Further, the hot wind is directly supplied to the composite mat during the heating process so as to improve the heat efficiency and also uniformize the deep portion of the composite mat as well as the surface thereof, thereby improving the quality of the composite mat.

Further, a first cooling operation using external air and a second cooling operation using cooling water are performed in the cooling process, so that cooling efficiency is improved and also physical properties of the inner and outer portions of the stampable sheet become uniform, thereby improving the quality of the stampable sheet. Furthermore, the large amount of particulates generated in the defibrating process can be removed by the particulate remover, thereby improving the working environment. In addition, the feed for interface-treating the defibrated fibers and the measuring hopper for measuring a weight of the defibrated fibers are separately provided at different frames, thereby exactly measuring the weight of the fibers and thus constantly maintaining the volume and weight of the stampable sheet . [Description of Drawings]

The above and other objects, features and advantages of the present invention will become apparent from the following description of preferred embodiments given in conjunction with the accompanying drawings, in which:

Fig. 1 is a side view of a conventional stampable sheet manufacturing device .

Fig. 2 is a side view of a composite mat manufacturing unit of the conventional stampable sheet manufacturing device. Fig. 3 is a side view of a heating unit and a cooling unit of the conventional stampable sheet manufacturing device.

Fig. 4 is a side view of a stampable sheet manufacturing device according to the present invention.

Fig. 5 is a side view of a composite mat manufacturing unit of the stampable sheet manufacturing device according to the present invention.

Fig. 6 is a side view of a heating unit of the stampable sheet manufacturing device according to the present invention.

Fig. 7 is a front view of a conveyor belt of the heating unit according to the present invention.

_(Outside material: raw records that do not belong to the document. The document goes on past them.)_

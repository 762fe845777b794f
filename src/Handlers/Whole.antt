-- ===== src/Handlers/Whole.antt =====
-- server/io.c: a file from its creation to the end of its definitions.
use cfio.Prelude.{ℕ, ◌≡◌, ◌≢◌, refl, ◌⊎◌, true, false, none, some, List, []}
use cfio.Memory.{Bytes}
use cfio.Table.{search}
use cfio.Map.{server, proc_type, get_client_num_of_server, IsValid}
use cfio.Id.Server.{Nc, invalid}
use cfio.Io.Served.{Member, All, IsServed}
use cfio.Handlers.{error_none, Server, Setting}
use cfio.Handlers.Define.{create}
use cfio.Handlers.Enddef.{failed, enddef, enddef_key}
use cfio.Handlers.Created.{Absent, create-Holds}
use cfio.Handlers.Known.{Known}
use cfio.Handlers.Run.{define_all}
use cfio.Handlers.Ended.{file_of}
use cfio.Handlers.Requests.{DefineRequest, handle_each, declare_each, EachFit, handle_each-declares}
use cfio.Handlers.Collect.{each_client}
use cfio.Handlers.Protocol.{enddef-defines}

module _ {T U L : Type 0} (k : Setting T U L) (clients n : ℕ) (v : IsValid k.config)
    (hs : proc_type k.config k.server_id ≡ server)
    (num : get_client_num_of_server k.config k.server_id ≡ some clients)
    (some_clients : clients ≢ 0) (last : ℕ) (last_served : IsServed k.config k.server_id last) where
  -- On a server of a valid decomposition, in whose tables nothing of a file is: when the library
  -- creates the file, then further requests to create it and to define dimensions and variables
  -- arrive in any order and from any clients, with ids that are not 0 and variables behind their
  -- dimensions, and then each client of the server ends the definitions, all these requests return
  -- CFIO_ERROR_NONE; the library has then been given exactly the file, the first definition for
  -- each id, in the order of their arrival and with the ids that it gave to the dimensions before,
  -- and the end of the definitions, when it accepts these and gives the file an id other than -1.
  -- The table then has the file in data mode and each dimension and variable with the library's
  -- id, and the request to end is no longer pending.
  pub whole-defines :
      (s : Server T U L) (path : Bytes) (cmode nc_id : ℕ) (l : L) (rs : List DefineRequest)
      (js : List ℕ) (r : List (ℕ × ℕ) × List (ℕ × ℕ) × L) (ret : ℕ) (l' : L)
      → Absent k.map_ops s.map_table n
      → k.lib.create s.nc path cmode ≡ (k.lib.noerr, nc_id, l)
      → nc_id ≢ invalid
      → EachFit [] rs
      → define_all k nc_id (declare_each [] rs) [] [] l ≡ some r
      → k.lib.enddef r.2 nc_id ≡ (ret, l')
      → failed ret ≡ false
      → search k.io_ops s.io_table (enddef_key n) ≡ none
      → All (IsServed k.config k.server_id) js
      → All (λ i. i ≢ last) js
      → ((i : ℕ) → IsServed k.config k.server_id i → (i ≡ last) ⊎ Member i js)
      → (a : T) × (b : T) × (t : T) × (u : U) × (create k path cmode n s
          ≡ some (error_none, record s { map_table = a; nc = l }))
        × (handle_each k n rs (record s { map_table = a; nc = l })
            ≡ some (error_none, record s { map_table = b; nc = l }))
        × (each_client (λ i. enddef k i n) (record s { map_table = b; nc = l }) js last
            ≡ some (error_none, record s { map_table = t; io_table = u; nc = l' }))
        × Known k.map_ops t n
            (file_of n (record { nc_id = nc_id; define_mode = false }) (declare_each [] rs))
            r.0
            r.1
        × (search k.io_ops u (enddef_key n) ≡ none)
  whole-defines s path cmode nc_id l rs js r ret l' absent created made fit defined ended fine fresh
        served others every =
      let nc : Nc = record { nc_id = nc_id; define_mode = true } in
      let (a, first, empty) = create-Holds k clients n s path cmode nc_id l absent created in
      let (b, each, holds, ready) =
        handle_each-declares k clients n nc num some_clients (record s { map_table = a; nc = l }) []
          rs empty tt fit in
      let (t, u, done, known, gone) =
        enddef-defines k clients n nc (declare_each [] rs) v hs last last_served
          (record s { map_table = b; nc = l }) js r ret l' holds ready made refl defined ended fine
          fresh served others every in
      (a, b, t, u, first, each, done, known, gone)
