-- ===== src/Id/Distinct.antt =====
-- common/id.c: different dimensions of a file have different ids.
use cfio.Prelude.{
  ℕ, ◌+◌, ◌-◌, ◌<◌, ◌≤◌, ◌≡◌, ◌≢◌, refl, sym, ◌∙◌, ap, subst, inl, inr, ◌⊎◌, true, some, List, [],
  ◌∷◌, arith, Bool-cases,
}
use mathlib.Core.Path.{ap₂}
use cfio.Memory.{Bytes}
use cfio.Id.{Name, Val, done, same, find, nc_key, Ids, assign_dim, Key}
use cfio.Table.{HashTable, search, search-write}
use cfio.Id.Assign.{Option-cases, find_added, assign_dim_known, assign_dim_new, dim_added}

-- The ids of the names in the list run down from `n` to 1.
abbrev pub Numbered : List Name → ℕ → Type 0
Numbered [] n = n ≡ 0
Numbered (e ∷ es) n = (e.id ≡ n) × (0 < n) × Numbered es (n - 1)

same_eq : (xs ys : Bytes) → same xs ys ≡ true → xs ≡ ys
same_eq [] [] h = refl
same_eq [] (y ∷ ys) h = absurd (ground arith)
same_eq (x ∷ xs) [] h = absurd (ground arith)
same_eq (x ∷ xs) (y ∷ ys) h =
    let heads : x ≡ y = ground arith in
    let tails : same xs ys ≡ true = ground arith in ap₂ ◌∷◌ heads (same_eq xs ys tails)

find_cons :
    (e : Name) (es : List Name) (x : Bytes) (i : ℕ)
    → find (e ∷ es) x ≡ some i
    → ((x ≡ e.name) × (e.id ≡ i)) ⊎ (find es x ≡ some i)
unfolding find
find_cons e es x i h = elim (Bool-cases (same x e.name)) [
  | inl t ↦ inl (same_eq x e.name t, ground arith)
  | inr t ↦ inr (ground arith)
]

find_nil : (x : Bytes) (i : ℕ) → find [] x ≢ some i
unfolding find
find_nil x i h = ground arith

find_range :
    (names : List Name) (n : ℕ) (x : Bytes) (i : ℕ)
    → Numbered names n
    → find names x ≡ some i
    → (0 < i) × (i ≤ n)
find_range [] n x i num h = absurd (find_nil x i h)
find_range (e ∷ es) n x i (top, pos, rest) h = elim (find_cons e es x i h) [
  | inl (_, id) ↦ (omega arith, omega arith)
  | inr f ↦ let (lo, hi) = find_range es (n - 1) x i rest f in (lo, omega arith)
]

find_injective :
    (names : List Name) (n : ℕ) (x y : Bytes) (i : ℕ)
    → Numbered names n
    → find names x ≡ some i
    → find names y ≡ some i
    → x ≡ y
find_injective [] n x y i num h k = absurd (find_nil x i h)
find_injective (e ∷ es) n x y i (top, pos, rest) h k = elim (find_cons e es x i h) [
  | inl (p, id) ↦ elim (find_cons e es y i k) [
    | inl (q, _) ↦ p ∙ sym q
    | inr g ↦ let (_, hi) = find_range es (n - 1) y i rest g in absurd (omega arith)
  ]
  | inr f ↦ elim (find_cons e es y i k) [
    | inl (_, id) ↦ let (_, hi) = find_range es (n - 1) x i rest f in absurd (omega arith)
    | inr g ↦ find_injective es (n - 1) x y i rest f g
  ]
]

module _ {T : Type 0} (h : HashTable Key Val T) (nc_global : ℕ) where
  -- In a file that is in the table, and whose dimensions are numbered from 1 up to their count,
  -- assigning a dimension succeeds, keeps them numbered, and the name then has the id returned.
  pub assign_dim-Numbered :
      (s : Ids T) (nc_id : ℕ) (dim_name : Bytes) (val : Val)
      → search h s.assign_table (nc_key nc_id) ≡ some val
      → Numbered val.dim_head val.client_dim_a
      → (id : ℕ) × (t : Ids T) × (new : Val) × (assign_dim h nc_global s nc_id dim_name
          ≡ (done id, t))
        × (search h t.assign_table (nc_key nc_id) ≡ some new)
        × Numbered new.dim_head new.client_dim_a
        × (find new.dim_head dim_name ≡ some id)
  assign_dim-Numbered s nc_id dim_name val e num =
      elim (Option-cases (find val.dim_head dim_name)) [
        | inr (id, f) ↦
            (id, s, val, assign_dim_known h nc_global s nc_id dim_name val e id f, e, num, f)
        | inl f ↦
            let id = val.client_dim_a + 1 in
            let new = dim_added h nc_global s nc_id dim_name val e in
            (
              id,
              record s { assign_table = h.write s.assign_table (nc_key nc_id) new },
              new,
              assign_dim_new h nc_global s nc_id dim_name val e f,
              search-write h s.assign_table (nc_key nc_id) val new e,
              (
                refl,
                omega arith,
                subst (Numbered val.dim_head) (let q : val.client_dim_a ≡ id - 1 = omega arith in q)
                    num,
              ),
              find_added val.dim_head dim_name id,
            )
      ]

  -- In a file that is in the table, and whose dimensions are numbered from 1 up to their count,
  -- assigning two different names one after the other gives different ids.
  pub assign_dim_distinct :
      (s : Ids T) (nc_id : ℕ) (x y : Bytes) (val : Val)
      → search h s.assign_table (nc_key nc_id) ≡ some val
      → Numbered val.dim_head val.client_dim_a
      → x ≢ y
      → (i j : ℕ) × (t u : Ids T) × (assign_dim h nc_global s nc_id x ≡ (done i, t))
        × (assign_dim h nc_global t nc_id y ≡ (done j, u))
        × (i ≢ j)
  assign_dim_distinct s nc_id x y val e num apart =
      let (i, t, new, run, e', num', f) = assign_dim-Numbered s nc_id x val e num in
      elim (Option-cases (find new.dim_head y)) [
        | inr (j, g) ↦ (
          i,
          j,
          t,
          t,
          run,
          assign_dim_known h nc_global t nc_id y new e' j g,
          λ q.
              apart
                (find_injective new.dim_head new.client_dim_a x y i num' f (g ∙ ap some (sym q))),
        )
        | inl g ↦ (
          i,
          new.client_dim_a + 1,
          t,
          _,
          run,
          assign_dim_new h nc_global t nc_id y new e' g,
          λ q. let (_, hi) = find_range new.dim_head new.client_dim_a x i num' f in omega arith,
        )
      ]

Fig. 8 is a cross-sectional view of the heating unit of the stampable sheet manufacturing device according to the present invention.

Fig. 9 is a side view of a cooling unit of the stampable sheet manufacturing device according to the present invention.

Fig. 10 is a front view of a conveyor belt of the cooling unit according to the present invention.

Fig. 11 is a cross-sectional view of the cooling unit of the stampable sheet manufacturing device according to the present invention.

Fig. 12 is block diagram showing a method of manufacturing the stampable sheet according to the present invention.

[Detailed Description of Main Elements]

10 : composite mat manufacturing unit

11: defibrator 12: feed

13.- particulate remover 14 : measuring hopper

15: mixing tank 16: dispenser

17 : arranger 18 : needle puncher

30: heating unit 31: upper frame

32: lower frame 33: conveyor

34: conveyor belt 35: punched plate

36: hot wind injection nozzle 50: cooling unit

51: air cooling part 52: water cooling part

53: upper frame 54 : lower frame

55: conveyor 56: conveyor belt

57: steel plate 58: air injection nozzle

59: cooling water injection nozzle 60: drum

61: tension regulator 70: composite mat

[Best Mode]

Hereinafter, the embodiments of the present invention will be described in detail with reference to accompanying drawings .

Fig. 4 is a side view of a stampable sheet manufacturing device according to the present invention, Fig. 5 is a side view of a composite mat manufacturing unit of the stampable sheet manufacturing device according to the present invention, Fig. 6 is a side view of a heating unit of the stampable sheet manufacturing device according to the present invention, Fig. 7 is a front view of a conveyor belt of the heating unit according to the present invention, Fig. 8 is a cross- sectional view of the heating unit of the stampable sheet manufacturing device according to the present invention, Fig.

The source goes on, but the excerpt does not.